Required work: Check each line of the material below for "absurd" and copy those where it appears.
─── Provided data
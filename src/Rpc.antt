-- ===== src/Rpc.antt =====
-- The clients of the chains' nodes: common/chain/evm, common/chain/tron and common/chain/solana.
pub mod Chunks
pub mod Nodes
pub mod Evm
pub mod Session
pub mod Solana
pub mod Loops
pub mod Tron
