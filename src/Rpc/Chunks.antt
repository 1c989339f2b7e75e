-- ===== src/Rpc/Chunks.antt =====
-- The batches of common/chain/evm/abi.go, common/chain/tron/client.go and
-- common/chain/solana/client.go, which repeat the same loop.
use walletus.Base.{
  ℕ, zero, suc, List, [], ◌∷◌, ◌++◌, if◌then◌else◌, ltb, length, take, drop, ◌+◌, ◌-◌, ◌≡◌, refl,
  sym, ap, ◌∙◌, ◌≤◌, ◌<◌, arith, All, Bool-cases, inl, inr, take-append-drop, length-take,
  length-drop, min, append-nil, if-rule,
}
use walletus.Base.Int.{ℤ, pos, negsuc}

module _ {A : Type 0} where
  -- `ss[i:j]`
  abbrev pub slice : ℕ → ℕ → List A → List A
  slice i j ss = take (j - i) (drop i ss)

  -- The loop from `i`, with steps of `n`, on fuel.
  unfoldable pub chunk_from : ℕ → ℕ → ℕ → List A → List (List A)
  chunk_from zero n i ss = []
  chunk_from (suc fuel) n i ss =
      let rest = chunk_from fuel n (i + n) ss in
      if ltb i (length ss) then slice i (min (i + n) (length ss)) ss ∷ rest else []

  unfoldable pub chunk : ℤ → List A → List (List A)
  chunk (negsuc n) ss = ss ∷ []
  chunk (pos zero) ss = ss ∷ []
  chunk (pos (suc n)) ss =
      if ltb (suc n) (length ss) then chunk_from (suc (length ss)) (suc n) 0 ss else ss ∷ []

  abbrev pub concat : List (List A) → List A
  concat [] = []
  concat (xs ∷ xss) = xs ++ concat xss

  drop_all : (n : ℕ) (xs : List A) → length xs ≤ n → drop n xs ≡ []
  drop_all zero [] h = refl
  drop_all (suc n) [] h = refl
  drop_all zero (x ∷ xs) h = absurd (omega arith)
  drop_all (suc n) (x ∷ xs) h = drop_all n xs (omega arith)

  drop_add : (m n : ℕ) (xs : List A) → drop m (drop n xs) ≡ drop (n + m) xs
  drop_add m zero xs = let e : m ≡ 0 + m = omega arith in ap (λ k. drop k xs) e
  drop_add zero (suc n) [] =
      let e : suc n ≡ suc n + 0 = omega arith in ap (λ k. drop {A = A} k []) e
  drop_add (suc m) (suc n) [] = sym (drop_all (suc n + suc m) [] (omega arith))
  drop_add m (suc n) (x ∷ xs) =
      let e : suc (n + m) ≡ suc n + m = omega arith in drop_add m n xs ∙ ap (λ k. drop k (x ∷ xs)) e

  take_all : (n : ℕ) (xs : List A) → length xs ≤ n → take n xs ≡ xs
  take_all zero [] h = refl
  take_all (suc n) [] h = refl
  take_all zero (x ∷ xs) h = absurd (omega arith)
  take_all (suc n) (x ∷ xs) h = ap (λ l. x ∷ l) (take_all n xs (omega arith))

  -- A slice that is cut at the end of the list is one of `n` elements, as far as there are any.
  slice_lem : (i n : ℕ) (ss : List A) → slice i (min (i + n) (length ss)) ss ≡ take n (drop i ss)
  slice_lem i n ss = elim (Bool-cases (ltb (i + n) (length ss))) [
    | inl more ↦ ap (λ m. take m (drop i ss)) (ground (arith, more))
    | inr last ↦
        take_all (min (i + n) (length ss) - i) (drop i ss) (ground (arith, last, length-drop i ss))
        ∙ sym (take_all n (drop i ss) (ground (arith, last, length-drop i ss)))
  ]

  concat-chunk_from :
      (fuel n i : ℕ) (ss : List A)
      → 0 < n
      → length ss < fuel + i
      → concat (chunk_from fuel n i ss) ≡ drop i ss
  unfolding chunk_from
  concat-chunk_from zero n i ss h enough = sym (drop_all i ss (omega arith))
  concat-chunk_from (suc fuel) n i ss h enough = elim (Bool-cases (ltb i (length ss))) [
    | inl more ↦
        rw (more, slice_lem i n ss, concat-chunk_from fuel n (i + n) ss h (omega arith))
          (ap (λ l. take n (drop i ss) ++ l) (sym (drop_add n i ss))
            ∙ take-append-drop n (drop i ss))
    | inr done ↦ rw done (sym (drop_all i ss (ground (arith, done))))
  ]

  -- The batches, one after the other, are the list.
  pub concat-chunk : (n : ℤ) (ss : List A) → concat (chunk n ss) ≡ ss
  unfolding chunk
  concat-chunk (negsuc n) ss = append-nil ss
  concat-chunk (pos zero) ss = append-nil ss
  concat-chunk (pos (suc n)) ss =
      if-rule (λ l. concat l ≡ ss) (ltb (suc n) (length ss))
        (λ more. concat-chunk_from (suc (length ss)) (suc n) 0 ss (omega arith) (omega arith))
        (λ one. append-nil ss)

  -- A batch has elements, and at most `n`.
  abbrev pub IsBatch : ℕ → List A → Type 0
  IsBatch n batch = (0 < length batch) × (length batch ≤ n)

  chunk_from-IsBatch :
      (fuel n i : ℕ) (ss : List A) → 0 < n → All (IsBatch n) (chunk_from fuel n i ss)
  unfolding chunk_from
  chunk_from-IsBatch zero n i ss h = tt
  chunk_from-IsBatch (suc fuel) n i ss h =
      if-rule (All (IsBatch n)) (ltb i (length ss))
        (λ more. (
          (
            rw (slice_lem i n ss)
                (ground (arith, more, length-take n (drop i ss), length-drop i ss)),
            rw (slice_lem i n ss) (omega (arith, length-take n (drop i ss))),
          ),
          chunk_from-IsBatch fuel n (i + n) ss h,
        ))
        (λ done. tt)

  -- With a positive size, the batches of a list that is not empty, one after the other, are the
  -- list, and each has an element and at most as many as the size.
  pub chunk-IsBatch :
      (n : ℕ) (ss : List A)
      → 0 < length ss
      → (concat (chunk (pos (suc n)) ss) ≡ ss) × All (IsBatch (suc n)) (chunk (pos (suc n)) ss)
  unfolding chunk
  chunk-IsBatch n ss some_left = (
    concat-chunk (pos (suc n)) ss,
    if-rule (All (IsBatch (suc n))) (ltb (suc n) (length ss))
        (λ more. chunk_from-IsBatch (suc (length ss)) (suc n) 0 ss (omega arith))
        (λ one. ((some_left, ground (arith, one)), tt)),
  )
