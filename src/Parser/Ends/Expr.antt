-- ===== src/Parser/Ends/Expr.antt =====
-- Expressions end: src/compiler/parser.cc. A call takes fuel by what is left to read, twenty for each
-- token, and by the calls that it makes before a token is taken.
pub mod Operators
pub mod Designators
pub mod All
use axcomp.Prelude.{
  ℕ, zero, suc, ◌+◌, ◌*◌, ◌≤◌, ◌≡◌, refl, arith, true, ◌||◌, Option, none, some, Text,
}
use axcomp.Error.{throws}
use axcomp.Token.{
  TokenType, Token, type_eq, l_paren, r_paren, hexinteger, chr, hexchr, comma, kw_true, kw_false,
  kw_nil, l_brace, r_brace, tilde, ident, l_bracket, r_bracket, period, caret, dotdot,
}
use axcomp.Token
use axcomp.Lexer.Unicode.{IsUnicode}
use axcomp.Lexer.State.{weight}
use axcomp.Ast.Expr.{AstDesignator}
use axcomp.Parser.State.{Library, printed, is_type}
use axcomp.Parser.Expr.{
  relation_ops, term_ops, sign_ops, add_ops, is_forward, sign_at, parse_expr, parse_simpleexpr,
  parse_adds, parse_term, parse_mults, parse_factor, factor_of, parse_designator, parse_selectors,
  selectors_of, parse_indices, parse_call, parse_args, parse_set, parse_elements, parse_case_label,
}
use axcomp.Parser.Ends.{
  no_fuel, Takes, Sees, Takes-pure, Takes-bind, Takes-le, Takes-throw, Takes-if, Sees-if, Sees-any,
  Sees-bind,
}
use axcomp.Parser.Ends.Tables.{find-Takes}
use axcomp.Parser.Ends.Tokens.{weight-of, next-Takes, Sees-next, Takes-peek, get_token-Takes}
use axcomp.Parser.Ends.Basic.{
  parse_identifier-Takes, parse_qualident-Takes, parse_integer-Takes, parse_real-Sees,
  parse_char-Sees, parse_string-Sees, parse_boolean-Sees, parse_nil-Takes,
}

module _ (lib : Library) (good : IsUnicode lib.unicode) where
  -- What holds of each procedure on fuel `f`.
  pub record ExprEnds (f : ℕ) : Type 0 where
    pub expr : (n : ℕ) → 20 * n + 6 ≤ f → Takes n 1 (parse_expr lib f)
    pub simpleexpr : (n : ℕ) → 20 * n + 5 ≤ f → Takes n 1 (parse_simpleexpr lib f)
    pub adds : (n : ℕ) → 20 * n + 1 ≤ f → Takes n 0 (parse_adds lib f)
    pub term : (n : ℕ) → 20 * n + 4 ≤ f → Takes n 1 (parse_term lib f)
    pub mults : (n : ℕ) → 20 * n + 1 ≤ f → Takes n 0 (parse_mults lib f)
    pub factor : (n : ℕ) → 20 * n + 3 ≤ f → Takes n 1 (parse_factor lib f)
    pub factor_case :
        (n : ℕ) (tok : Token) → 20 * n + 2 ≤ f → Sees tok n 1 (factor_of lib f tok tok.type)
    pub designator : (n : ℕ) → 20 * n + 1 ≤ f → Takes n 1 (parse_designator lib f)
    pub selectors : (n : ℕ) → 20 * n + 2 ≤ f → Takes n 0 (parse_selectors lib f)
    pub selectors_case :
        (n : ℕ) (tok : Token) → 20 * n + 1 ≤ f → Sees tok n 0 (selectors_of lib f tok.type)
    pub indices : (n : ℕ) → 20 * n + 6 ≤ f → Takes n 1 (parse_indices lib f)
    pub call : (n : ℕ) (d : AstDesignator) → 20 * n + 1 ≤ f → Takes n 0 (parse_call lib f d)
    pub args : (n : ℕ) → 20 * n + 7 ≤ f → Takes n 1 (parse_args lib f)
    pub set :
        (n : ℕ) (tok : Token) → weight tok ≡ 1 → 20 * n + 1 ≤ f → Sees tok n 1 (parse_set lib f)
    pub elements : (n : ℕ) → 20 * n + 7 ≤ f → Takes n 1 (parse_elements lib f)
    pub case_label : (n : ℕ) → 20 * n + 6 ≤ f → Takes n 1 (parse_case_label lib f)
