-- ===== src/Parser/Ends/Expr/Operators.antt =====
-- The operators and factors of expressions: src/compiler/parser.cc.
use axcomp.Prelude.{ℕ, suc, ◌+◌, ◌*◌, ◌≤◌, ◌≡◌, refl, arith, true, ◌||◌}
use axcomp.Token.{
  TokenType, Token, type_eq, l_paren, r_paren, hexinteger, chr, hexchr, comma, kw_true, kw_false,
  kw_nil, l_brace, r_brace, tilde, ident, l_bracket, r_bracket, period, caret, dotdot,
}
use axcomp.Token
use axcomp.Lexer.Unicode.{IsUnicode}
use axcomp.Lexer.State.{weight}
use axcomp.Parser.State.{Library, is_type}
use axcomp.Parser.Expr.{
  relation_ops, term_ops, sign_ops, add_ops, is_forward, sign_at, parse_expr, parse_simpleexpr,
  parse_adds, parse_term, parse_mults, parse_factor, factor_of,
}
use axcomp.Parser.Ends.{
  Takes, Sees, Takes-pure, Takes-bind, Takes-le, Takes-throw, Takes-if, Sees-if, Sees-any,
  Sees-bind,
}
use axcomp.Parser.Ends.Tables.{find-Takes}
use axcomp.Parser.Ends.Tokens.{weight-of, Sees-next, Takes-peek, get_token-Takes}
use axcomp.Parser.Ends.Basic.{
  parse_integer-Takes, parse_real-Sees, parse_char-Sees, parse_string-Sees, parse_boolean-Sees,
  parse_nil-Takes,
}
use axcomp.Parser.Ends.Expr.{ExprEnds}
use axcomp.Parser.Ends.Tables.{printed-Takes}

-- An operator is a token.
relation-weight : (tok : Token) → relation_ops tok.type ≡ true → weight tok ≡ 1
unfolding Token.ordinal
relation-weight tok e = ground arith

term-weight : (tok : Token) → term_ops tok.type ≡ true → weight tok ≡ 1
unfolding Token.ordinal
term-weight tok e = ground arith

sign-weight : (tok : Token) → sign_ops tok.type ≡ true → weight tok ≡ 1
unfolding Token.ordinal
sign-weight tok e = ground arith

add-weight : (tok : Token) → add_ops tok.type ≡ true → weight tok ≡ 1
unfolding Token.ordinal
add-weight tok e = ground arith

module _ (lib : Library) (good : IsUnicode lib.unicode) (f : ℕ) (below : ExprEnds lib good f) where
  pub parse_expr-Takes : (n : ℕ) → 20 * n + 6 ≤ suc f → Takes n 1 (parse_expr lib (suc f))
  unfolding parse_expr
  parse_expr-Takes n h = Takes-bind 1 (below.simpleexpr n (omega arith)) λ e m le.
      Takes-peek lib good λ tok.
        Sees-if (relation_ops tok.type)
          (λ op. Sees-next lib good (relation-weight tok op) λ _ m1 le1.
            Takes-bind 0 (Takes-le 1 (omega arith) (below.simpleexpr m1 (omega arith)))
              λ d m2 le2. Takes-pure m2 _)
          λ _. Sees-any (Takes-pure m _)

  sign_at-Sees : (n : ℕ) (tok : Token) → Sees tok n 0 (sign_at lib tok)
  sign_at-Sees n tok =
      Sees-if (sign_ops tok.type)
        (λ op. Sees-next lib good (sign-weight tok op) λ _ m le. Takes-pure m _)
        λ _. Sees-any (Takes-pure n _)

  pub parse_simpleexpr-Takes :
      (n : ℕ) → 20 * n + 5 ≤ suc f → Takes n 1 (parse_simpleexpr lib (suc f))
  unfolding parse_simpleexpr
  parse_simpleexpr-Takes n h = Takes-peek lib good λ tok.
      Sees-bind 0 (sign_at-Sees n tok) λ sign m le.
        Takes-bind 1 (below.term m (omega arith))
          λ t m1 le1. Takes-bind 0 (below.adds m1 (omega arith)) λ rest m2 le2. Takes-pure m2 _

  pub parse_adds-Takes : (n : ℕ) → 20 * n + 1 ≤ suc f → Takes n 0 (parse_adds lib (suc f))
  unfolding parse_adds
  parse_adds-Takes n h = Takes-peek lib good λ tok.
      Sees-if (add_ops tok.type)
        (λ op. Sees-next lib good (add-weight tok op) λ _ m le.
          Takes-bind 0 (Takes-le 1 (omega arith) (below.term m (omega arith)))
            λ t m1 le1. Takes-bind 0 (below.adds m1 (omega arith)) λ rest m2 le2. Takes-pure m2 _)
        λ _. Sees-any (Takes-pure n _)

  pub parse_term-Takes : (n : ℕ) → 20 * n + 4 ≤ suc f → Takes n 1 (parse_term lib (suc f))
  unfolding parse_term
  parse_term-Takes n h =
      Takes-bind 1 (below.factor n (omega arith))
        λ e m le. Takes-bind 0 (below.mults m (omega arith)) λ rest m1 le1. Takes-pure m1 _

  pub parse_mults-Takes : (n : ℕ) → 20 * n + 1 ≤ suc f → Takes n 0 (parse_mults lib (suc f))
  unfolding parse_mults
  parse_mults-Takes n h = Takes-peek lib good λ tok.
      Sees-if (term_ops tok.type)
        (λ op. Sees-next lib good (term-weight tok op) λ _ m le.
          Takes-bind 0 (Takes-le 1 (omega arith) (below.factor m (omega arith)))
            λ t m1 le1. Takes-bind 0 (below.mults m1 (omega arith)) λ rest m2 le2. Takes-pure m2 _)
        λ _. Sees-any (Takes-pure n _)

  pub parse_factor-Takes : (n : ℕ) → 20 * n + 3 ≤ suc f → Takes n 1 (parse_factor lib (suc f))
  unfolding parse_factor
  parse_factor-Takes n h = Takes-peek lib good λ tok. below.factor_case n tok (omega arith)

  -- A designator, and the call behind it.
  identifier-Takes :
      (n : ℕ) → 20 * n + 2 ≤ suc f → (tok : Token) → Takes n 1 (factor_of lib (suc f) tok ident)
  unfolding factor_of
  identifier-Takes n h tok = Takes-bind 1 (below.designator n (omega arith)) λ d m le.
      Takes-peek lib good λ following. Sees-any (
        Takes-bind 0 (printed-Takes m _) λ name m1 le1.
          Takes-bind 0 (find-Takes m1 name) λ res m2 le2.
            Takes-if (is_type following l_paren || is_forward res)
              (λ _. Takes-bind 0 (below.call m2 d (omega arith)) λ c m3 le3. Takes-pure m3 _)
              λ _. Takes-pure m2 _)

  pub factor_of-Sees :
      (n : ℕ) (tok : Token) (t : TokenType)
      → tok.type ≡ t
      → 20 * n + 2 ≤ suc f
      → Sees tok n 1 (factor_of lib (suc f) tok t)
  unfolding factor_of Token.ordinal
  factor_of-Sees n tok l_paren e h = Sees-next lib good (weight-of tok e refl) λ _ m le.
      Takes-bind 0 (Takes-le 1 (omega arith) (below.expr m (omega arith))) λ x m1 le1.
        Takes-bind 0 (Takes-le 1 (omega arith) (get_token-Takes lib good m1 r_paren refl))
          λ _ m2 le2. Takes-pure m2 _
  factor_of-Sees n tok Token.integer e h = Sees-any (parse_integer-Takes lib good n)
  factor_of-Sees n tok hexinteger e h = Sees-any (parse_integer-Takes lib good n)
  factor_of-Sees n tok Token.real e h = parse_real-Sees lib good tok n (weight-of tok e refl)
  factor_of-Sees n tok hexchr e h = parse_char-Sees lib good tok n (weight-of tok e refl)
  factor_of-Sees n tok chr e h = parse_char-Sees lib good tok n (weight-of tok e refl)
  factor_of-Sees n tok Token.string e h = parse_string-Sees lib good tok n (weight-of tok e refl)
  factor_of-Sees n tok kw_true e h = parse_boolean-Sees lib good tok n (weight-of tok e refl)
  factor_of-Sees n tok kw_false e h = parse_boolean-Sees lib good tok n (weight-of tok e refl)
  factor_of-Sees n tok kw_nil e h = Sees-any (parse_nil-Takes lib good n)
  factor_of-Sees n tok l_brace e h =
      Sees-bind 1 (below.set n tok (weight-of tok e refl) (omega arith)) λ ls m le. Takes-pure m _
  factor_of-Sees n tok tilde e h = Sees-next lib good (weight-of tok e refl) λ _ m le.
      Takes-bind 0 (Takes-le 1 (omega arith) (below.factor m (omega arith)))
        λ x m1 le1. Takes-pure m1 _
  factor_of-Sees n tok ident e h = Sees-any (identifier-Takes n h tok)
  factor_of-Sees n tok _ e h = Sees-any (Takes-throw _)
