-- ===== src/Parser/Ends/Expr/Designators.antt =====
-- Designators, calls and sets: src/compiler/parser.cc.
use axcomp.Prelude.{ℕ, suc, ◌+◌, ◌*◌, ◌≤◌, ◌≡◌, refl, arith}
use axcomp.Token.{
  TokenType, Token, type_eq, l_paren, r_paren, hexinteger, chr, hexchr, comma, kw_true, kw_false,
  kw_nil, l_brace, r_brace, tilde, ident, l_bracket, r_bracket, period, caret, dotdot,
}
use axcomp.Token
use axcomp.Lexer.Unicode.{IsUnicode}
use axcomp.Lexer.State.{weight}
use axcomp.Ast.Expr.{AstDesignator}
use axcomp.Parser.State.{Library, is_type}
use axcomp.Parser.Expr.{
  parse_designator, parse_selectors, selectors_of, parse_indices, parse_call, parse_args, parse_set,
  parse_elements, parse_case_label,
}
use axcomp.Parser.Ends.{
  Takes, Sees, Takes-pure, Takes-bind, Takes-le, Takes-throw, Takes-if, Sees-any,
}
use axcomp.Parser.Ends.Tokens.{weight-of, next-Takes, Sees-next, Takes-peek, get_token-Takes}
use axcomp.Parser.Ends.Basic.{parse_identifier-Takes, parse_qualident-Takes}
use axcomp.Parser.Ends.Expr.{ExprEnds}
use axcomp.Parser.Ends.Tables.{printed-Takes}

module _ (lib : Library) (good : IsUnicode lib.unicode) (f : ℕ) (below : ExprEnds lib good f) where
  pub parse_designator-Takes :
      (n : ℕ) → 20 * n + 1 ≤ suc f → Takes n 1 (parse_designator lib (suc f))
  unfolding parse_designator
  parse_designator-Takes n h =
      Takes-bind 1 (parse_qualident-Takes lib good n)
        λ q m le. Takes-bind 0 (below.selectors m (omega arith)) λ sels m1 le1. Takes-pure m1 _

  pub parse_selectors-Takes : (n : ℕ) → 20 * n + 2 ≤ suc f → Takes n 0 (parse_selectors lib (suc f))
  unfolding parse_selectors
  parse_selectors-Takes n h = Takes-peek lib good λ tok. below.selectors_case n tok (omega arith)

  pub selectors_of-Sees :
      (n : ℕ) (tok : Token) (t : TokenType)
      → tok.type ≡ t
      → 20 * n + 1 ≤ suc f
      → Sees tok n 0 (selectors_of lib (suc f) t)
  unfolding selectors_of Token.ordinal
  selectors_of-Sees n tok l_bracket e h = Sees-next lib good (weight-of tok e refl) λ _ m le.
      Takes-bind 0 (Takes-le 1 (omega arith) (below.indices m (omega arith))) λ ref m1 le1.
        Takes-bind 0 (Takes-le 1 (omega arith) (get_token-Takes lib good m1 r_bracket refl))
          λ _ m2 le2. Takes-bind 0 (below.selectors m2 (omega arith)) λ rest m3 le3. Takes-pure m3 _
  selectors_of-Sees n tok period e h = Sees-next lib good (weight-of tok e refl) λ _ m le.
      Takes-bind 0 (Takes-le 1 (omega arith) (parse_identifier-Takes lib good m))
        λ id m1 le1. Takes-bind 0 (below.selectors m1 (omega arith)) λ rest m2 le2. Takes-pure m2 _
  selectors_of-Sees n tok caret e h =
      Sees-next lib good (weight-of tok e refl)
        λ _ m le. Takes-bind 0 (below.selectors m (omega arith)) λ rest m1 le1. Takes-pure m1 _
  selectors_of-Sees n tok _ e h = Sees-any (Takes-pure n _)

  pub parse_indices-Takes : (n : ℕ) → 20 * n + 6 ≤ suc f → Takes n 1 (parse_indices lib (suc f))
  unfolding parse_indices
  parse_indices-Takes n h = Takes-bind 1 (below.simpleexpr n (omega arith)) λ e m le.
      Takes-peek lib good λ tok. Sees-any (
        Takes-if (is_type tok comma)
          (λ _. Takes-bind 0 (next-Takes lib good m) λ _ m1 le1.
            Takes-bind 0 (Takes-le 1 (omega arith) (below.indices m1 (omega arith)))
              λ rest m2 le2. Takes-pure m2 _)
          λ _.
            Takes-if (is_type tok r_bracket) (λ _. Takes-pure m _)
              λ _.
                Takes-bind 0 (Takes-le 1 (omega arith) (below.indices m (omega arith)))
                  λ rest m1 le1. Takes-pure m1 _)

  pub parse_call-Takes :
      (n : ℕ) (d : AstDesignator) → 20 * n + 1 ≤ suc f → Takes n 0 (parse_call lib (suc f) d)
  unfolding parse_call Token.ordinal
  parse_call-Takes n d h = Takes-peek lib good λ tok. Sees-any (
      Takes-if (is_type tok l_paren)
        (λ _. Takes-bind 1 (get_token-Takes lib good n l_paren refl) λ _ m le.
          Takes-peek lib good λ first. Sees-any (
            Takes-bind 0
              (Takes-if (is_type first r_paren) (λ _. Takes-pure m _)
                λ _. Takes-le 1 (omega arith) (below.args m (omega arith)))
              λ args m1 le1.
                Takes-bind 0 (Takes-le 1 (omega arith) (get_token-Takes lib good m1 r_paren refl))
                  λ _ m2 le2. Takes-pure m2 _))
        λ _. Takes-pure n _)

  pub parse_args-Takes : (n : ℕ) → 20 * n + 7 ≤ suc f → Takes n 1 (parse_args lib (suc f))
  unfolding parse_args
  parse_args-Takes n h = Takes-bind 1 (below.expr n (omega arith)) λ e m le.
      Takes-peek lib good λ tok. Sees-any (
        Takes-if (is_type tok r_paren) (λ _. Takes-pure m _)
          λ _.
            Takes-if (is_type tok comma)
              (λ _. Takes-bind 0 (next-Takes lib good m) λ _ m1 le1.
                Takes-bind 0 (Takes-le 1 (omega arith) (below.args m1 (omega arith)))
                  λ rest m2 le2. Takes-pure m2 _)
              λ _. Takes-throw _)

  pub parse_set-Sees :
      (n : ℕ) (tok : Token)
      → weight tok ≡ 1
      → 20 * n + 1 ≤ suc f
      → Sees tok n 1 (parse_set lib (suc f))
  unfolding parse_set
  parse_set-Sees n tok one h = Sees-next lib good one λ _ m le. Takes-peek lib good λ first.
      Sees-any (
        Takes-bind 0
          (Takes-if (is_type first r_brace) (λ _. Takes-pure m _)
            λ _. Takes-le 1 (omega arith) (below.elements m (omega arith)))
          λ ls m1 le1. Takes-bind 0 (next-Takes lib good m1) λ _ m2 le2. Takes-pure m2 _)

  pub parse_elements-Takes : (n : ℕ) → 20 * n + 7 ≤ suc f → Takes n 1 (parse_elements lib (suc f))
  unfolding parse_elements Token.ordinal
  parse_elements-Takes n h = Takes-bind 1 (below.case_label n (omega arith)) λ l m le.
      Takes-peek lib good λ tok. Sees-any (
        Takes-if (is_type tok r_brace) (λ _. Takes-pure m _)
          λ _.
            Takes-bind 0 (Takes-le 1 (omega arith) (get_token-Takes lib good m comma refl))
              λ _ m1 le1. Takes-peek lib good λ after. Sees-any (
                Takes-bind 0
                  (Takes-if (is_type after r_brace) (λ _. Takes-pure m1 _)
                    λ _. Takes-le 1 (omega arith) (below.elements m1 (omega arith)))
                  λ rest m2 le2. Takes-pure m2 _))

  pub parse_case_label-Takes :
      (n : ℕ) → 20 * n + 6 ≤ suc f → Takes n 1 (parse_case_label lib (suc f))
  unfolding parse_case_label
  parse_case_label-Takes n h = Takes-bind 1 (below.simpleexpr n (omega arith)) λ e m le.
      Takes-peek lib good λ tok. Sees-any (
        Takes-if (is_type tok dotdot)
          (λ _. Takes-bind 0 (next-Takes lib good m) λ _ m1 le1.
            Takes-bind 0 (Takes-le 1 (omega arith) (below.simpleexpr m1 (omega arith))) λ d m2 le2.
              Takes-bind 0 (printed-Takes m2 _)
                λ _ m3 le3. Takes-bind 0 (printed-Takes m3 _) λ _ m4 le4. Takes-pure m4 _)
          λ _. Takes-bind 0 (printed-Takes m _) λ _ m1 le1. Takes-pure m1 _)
──────
Completed task:
  drop_all zero (x ∷ xs) h = absurd (omega arith)
  take_all zero (x ∷ xs) h = absurd (omega arith)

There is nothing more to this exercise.